I'm guessing IS may become difficult to add with very wide lenses were aliment becomes very exact, plus I'd argue that with no filter thread it naturally becomes a bit more of a "tripod" lens as landscape users will probably either be merging exposers or using very large filters for more dynamic range.


----------



## Mitch.Conner (Sep 16, 2014)

*Re: EF11-24mm F4L listed on a Japanese site*



moreorless said:


> Mitch.Conner said:
> 
> 
> > Good news if true. I wonder why f/4 if there's no IS? Just to make it lighter I suppose?
> ...



Admittedly, I'm a little dissapointed about it being only f/4. DOF isn't an issue at this focal length, but for astrophotography and low-light photos, if it had been the rumored f/2.8, the extra light would have been quite welcome.

Of course, I'm assuming this is real and not a prank.


----------



## moreorless (Sep 16, 2014)

*Re: EF11-24mm F4L listed on a Japanese site*



Mitch.Conner said:


> moreorless said:
> 
> 
> > Mitch.Conner said:
> ...



There have been rumours about such a zoom for awhile but looking at it the front element does look quite close to the Canon 14mm 2.8 so it could be a photoshop merger of that and say the 16-35mm IS.

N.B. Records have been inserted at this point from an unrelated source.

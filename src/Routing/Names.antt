-- ===== src/Routing/Names.antt =====
-- utils.ts: `validateTopicsConfig`, `validateQueueConfig` and their patterns. What the runtime makes of the
-- project's name as a pattern is a parameter.
use shared_ts_libs.Base.{
  ℕ, Bool, not, ◌&&◌, ◌||◌, ◌==◌, leb, ltb, List, [], ◌∷◌, Option, none, some, Text, starts_with,
  length, if◌then◌else◌,
}
use shared_ts_libs.Routing.Regex.{Regex, empty, one, seq, alt, star, test}

pub record QueueConfig : Type 0 where
  pub queue_name : Text
  pub is_external : Bool

pub record TopicConfig : Type 0 where
  pub topic_name : Text
  pub is_external : Bool
  pub queues : List QueueConfig
  pub external_apps : Option (List Text)

pub data RoutingError : Type 0 where
  topic_too_long : Text → RoutingError
  topic_without_project : Text → RoutingError
  invalid_topic : Text → RoutingError
  queue_too_long : Text → RoutingError
  queue_without_project : Text → RoutingError
  invalid_queue : Text → RoutingError
  invalid_pattern : RoutingError
  duplicated_item : Text → RoutingError
  not_found : Text → RoutingError

-- [-_], [a-z] and _
abbrev pub is_separator : ℕ → Bool
is_separator c = c == 45 || c == 95

abbrev pub is_lower : ℕ → Bool
is_lower c = leb 97 c && leb c 122

abbrev pub char : ℕ → Regex
char c = one (λ d. d == c)

abbrev pub plus : Regex → Regex
plus r = seq r (star r)

abbrev pub optional : Regex → Regex
optional r = alt r empty

-- [a-z]+(_[a-z]+)*
abbrev pub words_regex : Regex
words_regex = seq (plus (one is_lower)) (star (seq (char 95) (plus (one is_lower))))

unfoldable pub topic_name_regex : Regex
topic_name_regex = seq (one is_separator) words_regex

unfoldable pub queue_name_regex : Regex
queue_name_regex = seq (one is_separator) (
    seq words_regex
      (optional (seq (char 45) (seq words_regex (optional (seq (char 45) words_regex))))))

abbrev pub max_queue_name_length : ℕ
max_queue_name_length = 64

abbrev pub max_topic_name_length : ℕ
max_topic_name_length = 246

-- `name.replace(new RegExp(`^${project}`), '')` of a project and a name. The runtime reads the project as a
-- pattern; `none` is the error of one that does not compile.
abbrev pub Removal : Type 0
Removal = Text → Text → Option Text

-- The first refusal ends a loop.
abbrev pub or_next : Option RoutingError → Option RoutingError → Option RoutingError
or_next (some e) next = some e
or_next none next = next

module _ (remove : Removal) where
  -- What an internal name is refused for.
  unfoldable pub check_name :
      Regex → (Text → RoutingError) → (Text → RoutingError) → Text → Text → Option RoutingError
  check_name pattern without invalid project name =
      if not (starts_with project name) then some (without name) else elim (remove project name) [
        | none ↦ some invalid_pattern
        | some suffix ↦ if not (test pattern suffix) then some (invalid name) else none
      ]

  unfoldable pub validate_queue : Text → QueueConfig → Option RoutingError
  unfolding check_name
  validate_queue project q =
      if ltb max_queue_name_length (length q.queue_name)
      then some (queue_too_long q.queue_name)
      else if q.is_external
      then none
      else check_name queue_name_regex queue_without_project invalid_queue project q.queue_name

  unfoldable pub validate_queue_config : Text → List QueueConfig → Option RoutingError
  unfolding validate_queue
  validate_queue_config project [] = none
  validate_queue_config project (q ∷ qs) =
      or_next (validate_queue project q) (validate_queue_config project qs)

  unfoldable pub validate_topic : Text → TopicConfig → Option RoutingError
  unfolding check_name validate_queue_config
  validate_topic project t =
      if ltb max_topic_name_length (length t.topic_name)
      then some (topic_too_long t.topic_name)
      else or_next
          (if t.is_external
            then none
            else check_name topic_name_regex topic_without_project invalid_topic project
                t.topic_name)
          (validate_queue_config project t.queues)

  unfoldable pub validate_topics_config : Text → List TopicConfig → Option RoutingError
  unfolding validate_topic
  validate_topics_config project [] = none
  validate_topics_config project (t ∷ ts) =
      or_next (validate_topic project t) (validate_topics_config project ts)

I wouldn't be supprized if we saw such a lens as an F/4 though and instead an update of the 16-35mm F/2.8, the latter just seems like a more natural range from an F/2.8 lens as well as likely being easier to create.


----------



## Woody (Sep 16, 2014)

*Re: EF11-24mm F4L listed on a Japanese site*

If this lens is real and gets released, I will agree with Canon Rumors that this year is indeed the Year of the Lens for Canon. ;D


----------



## Mitch.Conner (Sep 16, 2014)

*Re: EF11-24mm F4L listed on a Japanese site*



Woody said:


> If this lens is real and gets released, I will agree with Canon Rumors that this year is indeed the Year of the Lens for Canon. ;D



Seriously? This would make me a sad panda.


----------



## dryanparker (Sep 16, 2014)

*Re: EF11-24mm F4L listed on a Japanese site*

Very interesting. Any chance of it being rectilinear?


----------



## YuengLinger (Sep 16, 2014)

*Re: EF11-24mm F4L listed on a Japanese site*

Fake. F/4 makes no sense.

The image is good PS, but still looks like PS.


----------



## Dylan777 (Sep 16, 2014)

*Re: EF11-24mm F4L listed on a Japanese site*



TokyoDekopon said:


> Kakaku.com listed EF 11-24mm F4L for a short period of time.
> It should be announced very soon!



Interesting


----------



## 123Photog (Sep 16, 2014)

*Re: EF11-24mm F4L listed on a Japanese site*

i call it a fake...


----------



## TokyoDekopon (Sep 16, 2014)

*Re: EF11-24mm F4L listed on a Japanese site*

Seems like I'm not the only one. Quite a few people saw it listed too according to Japanese forums. 
Kakaku.com is a very legitimate company listed in TYO (Tokyo Stock Exchange), equivalent to NYSE in US. It's highly unlikely that they list a fake product. 
I believe this patent became real. The announcement date should be very close. 
http://www.canonrumors.com/2014/01/patent-canon-11-24mm-f4-lens/


----------



## tayassu (Sep 16, 2014)

*Re: EF11-24mm F4L listed on a Japanese site*



YuengLinger said:


> Fake. F/4 makes no sense.



Makes perfectly sense... People photogs (the only ones that need 2.8) would never use 11mm, because it distorts the image too much. For them, a new 16-35/2.8 is much better, which this lens would leave space for. Then Canon would have three wide angles to choose from, but to have all FL's and apertures covered, you gotta at least buy two of them...  
Besides, I don't think you could do 11mm/2.8 that easy. But looks like a nice supplement for the already great lens lineup!


----------



## slclick (Sep 16, 2014)

*Re: EF11-24mm F4L listed on a Japanese site*

So Canon's answer is to a question no one asked?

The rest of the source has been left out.